### [GOAL OF THE EXERCISE]
Which lines in the records below include the word "under"? Report each of them in full.

[Items from a dataset]
=== Begin Enclosure ===

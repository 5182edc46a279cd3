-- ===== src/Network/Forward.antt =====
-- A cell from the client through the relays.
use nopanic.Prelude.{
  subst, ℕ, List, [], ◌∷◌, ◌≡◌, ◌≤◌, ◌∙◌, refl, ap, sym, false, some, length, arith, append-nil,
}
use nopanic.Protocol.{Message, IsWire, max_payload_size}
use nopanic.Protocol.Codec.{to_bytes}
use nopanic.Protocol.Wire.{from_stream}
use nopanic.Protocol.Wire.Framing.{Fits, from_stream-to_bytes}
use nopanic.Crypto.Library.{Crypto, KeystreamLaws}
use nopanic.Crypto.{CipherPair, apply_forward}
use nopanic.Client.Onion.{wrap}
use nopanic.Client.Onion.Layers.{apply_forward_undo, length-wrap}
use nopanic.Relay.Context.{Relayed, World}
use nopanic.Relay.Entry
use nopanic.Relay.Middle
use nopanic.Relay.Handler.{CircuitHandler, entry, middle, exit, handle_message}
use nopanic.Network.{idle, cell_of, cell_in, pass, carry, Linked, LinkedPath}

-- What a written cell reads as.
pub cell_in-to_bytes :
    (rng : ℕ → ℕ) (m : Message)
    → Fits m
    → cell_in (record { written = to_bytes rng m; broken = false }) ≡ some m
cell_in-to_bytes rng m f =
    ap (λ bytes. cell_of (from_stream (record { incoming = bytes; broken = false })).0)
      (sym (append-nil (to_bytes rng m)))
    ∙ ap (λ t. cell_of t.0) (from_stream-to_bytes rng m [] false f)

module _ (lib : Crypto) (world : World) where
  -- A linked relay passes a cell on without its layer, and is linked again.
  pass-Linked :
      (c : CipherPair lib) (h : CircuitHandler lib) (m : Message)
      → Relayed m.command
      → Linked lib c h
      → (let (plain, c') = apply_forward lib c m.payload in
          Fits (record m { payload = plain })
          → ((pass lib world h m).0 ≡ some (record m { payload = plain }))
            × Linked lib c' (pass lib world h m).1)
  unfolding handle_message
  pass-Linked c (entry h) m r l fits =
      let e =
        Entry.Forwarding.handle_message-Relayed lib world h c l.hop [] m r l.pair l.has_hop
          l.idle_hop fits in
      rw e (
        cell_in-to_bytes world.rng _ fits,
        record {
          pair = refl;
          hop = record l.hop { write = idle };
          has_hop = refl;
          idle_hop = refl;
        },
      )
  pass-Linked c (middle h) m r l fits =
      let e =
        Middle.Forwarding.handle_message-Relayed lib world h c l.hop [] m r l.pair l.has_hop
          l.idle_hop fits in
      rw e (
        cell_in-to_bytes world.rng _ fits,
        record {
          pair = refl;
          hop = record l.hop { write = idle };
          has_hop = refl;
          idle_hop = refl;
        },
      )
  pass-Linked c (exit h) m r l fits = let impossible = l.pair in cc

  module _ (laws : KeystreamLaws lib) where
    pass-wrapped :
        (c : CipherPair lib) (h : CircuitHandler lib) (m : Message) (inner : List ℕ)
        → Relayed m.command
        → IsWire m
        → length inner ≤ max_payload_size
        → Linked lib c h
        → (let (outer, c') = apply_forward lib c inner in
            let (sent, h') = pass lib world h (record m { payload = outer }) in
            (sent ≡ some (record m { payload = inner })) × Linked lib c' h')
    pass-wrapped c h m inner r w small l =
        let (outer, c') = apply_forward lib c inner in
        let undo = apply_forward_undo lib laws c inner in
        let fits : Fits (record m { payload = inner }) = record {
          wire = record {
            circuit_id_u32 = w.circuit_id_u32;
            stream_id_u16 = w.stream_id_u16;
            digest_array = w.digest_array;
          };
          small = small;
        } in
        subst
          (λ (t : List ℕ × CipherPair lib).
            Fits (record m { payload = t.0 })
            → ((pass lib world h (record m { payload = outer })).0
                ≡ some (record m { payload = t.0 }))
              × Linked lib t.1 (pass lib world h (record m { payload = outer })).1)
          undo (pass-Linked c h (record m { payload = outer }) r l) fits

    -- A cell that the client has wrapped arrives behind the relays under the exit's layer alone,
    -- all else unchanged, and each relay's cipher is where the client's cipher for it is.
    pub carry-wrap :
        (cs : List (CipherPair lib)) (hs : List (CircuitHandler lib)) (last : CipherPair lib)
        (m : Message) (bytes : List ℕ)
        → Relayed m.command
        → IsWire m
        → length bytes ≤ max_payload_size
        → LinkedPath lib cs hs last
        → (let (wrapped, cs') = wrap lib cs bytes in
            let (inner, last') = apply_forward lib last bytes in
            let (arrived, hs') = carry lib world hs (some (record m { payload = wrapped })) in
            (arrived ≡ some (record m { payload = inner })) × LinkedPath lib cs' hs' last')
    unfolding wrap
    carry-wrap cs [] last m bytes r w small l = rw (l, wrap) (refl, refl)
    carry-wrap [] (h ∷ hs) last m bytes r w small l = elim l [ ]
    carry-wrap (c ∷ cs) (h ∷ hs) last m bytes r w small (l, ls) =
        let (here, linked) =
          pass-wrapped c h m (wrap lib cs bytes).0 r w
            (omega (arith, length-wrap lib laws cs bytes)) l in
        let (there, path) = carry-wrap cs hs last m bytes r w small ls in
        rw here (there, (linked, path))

=== End Enclosure ===
=== Begin Enclosure ===

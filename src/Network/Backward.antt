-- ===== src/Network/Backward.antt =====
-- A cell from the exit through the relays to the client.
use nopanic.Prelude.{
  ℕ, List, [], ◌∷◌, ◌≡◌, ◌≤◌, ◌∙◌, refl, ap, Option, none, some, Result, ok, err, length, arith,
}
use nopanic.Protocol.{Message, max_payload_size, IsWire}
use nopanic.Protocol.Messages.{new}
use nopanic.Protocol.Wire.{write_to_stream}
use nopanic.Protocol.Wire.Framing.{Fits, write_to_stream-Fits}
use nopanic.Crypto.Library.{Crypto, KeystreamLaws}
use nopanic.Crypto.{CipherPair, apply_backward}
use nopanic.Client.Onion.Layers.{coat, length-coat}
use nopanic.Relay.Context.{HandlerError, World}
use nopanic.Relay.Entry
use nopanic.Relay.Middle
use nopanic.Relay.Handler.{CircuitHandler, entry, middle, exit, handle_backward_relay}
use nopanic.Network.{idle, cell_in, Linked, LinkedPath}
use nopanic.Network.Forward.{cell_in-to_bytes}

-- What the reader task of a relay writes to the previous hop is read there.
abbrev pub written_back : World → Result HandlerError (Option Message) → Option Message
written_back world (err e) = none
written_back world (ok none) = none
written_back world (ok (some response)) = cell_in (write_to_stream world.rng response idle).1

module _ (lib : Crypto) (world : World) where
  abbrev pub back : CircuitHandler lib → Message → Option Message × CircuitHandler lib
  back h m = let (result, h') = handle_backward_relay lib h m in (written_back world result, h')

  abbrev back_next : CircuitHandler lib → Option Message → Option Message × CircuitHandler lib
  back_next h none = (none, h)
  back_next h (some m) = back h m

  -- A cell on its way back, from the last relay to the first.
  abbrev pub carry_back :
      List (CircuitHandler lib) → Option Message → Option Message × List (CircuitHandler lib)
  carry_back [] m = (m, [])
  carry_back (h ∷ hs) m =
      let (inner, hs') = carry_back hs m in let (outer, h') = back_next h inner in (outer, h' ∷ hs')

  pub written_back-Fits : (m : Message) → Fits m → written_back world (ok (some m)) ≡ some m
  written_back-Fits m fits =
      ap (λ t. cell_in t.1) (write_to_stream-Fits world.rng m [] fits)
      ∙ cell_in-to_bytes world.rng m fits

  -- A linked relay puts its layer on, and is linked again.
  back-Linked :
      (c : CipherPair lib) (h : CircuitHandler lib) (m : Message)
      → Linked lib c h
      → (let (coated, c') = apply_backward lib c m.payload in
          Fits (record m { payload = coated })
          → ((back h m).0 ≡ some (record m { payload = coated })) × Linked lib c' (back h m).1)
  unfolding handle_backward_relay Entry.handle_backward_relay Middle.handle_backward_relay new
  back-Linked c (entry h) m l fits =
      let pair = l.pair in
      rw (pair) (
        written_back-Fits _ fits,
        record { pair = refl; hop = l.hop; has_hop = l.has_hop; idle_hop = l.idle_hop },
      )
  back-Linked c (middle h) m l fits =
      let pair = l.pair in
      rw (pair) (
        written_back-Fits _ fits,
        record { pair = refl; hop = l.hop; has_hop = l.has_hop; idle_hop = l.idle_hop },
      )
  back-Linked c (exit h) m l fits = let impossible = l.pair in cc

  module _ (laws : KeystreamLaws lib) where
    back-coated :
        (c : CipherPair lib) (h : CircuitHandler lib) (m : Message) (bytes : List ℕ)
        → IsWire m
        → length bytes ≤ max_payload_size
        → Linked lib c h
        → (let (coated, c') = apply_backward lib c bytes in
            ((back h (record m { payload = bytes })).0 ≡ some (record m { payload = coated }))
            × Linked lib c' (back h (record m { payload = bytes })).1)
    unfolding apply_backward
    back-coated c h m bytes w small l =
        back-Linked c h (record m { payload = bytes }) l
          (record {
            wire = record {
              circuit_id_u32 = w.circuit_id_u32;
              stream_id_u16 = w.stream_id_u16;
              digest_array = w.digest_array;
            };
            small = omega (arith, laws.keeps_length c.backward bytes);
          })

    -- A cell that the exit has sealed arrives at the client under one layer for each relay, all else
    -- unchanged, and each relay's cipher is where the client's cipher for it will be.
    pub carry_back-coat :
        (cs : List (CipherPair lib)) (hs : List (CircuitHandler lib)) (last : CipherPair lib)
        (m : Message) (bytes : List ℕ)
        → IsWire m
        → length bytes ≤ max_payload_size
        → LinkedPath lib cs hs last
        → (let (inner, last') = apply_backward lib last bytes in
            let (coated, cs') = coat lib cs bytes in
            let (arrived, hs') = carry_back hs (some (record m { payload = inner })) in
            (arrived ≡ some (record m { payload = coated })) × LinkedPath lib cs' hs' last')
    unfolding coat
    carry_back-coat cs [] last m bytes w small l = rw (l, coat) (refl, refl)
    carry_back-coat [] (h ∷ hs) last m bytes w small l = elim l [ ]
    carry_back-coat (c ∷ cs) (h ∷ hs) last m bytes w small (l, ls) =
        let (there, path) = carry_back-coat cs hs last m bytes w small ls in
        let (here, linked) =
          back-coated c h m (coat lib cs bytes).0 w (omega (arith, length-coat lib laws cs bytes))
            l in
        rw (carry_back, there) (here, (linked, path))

=== End Enclosure ===
=== Begin Enclosure ===

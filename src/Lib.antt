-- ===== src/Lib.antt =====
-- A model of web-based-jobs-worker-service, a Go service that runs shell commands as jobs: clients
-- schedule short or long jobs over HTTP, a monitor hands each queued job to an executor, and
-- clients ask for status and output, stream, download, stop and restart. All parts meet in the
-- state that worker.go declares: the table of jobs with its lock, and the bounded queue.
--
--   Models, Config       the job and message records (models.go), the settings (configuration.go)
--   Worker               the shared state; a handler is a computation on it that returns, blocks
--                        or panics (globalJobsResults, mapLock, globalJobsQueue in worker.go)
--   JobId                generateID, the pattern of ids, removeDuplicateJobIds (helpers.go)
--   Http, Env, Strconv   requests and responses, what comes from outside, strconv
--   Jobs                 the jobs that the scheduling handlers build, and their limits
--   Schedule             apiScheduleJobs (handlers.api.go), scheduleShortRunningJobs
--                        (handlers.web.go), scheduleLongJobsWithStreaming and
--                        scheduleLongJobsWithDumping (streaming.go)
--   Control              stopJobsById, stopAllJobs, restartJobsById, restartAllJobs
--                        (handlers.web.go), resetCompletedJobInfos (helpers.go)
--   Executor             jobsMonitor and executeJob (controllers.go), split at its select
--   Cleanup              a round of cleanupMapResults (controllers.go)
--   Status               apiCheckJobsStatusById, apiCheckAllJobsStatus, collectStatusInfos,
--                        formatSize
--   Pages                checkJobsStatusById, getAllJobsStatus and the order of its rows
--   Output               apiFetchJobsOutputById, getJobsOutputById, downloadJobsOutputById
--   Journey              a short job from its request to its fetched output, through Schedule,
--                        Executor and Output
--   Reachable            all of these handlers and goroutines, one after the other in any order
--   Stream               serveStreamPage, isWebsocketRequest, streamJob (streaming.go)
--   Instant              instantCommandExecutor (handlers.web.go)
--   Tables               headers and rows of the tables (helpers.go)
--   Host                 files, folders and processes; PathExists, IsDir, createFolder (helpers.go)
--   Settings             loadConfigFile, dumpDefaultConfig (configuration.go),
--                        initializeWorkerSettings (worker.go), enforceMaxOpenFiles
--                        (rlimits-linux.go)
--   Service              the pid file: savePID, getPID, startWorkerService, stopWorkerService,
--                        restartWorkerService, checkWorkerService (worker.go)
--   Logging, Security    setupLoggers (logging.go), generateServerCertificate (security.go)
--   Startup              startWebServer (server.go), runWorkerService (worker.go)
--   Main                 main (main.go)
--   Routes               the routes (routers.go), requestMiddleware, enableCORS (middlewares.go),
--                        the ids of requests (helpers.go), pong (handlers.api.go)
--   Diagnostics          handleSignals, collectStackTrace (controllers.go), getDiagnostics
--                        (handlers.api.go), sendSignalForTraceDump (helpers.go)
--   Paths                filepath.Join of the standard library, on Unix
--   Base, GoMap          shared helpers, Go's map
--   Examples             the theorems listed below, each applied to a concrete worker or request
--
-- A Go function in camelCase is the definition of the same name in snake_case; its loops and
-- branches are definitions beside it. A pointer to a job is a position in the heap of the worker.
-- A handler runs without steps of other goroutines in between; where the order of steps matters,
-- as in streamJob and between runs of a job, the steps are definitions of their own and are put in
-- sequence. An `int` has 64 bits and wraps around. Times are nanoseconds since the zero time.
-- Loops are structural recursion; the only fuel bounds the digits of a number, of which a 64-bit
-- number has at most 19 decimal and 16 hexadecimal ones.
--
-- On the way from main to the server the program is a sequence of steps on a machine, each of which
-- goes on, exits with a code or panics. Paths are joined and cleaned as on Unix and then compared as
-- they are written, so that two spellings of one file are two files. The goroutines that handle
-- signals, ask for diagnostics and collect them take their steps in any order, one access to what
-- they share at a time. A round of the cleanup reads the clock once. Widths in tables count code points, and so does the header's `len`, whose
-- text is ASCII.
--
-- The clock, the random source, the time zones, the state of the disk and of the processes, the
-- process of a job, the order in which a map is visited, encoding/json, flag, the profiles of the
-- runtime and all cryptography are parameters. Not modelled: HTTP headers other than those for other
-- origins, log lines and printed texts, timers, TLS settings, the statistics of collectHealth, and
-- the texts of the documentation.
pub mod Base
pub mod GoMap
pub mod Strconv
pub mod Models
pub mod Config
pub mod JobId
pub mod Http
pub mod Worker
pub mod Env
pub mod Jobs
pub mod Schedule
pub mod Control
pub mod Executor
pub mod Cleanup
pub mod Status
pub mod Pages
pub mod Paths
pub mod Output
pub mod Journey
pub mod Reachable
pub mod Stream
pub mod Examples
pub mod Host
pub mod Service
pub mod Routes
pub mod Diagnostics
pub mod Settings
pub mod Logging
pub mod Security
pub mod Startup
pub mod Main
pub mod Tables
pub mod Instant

=== End Enclosure ===

### [ANSWER SPACE]
    -- A cell that the client has wrapped arrives behind the relays under the exit's layer alone,
    -- A cell that the exit has sealed arrives at the client under one layer for each relay, all else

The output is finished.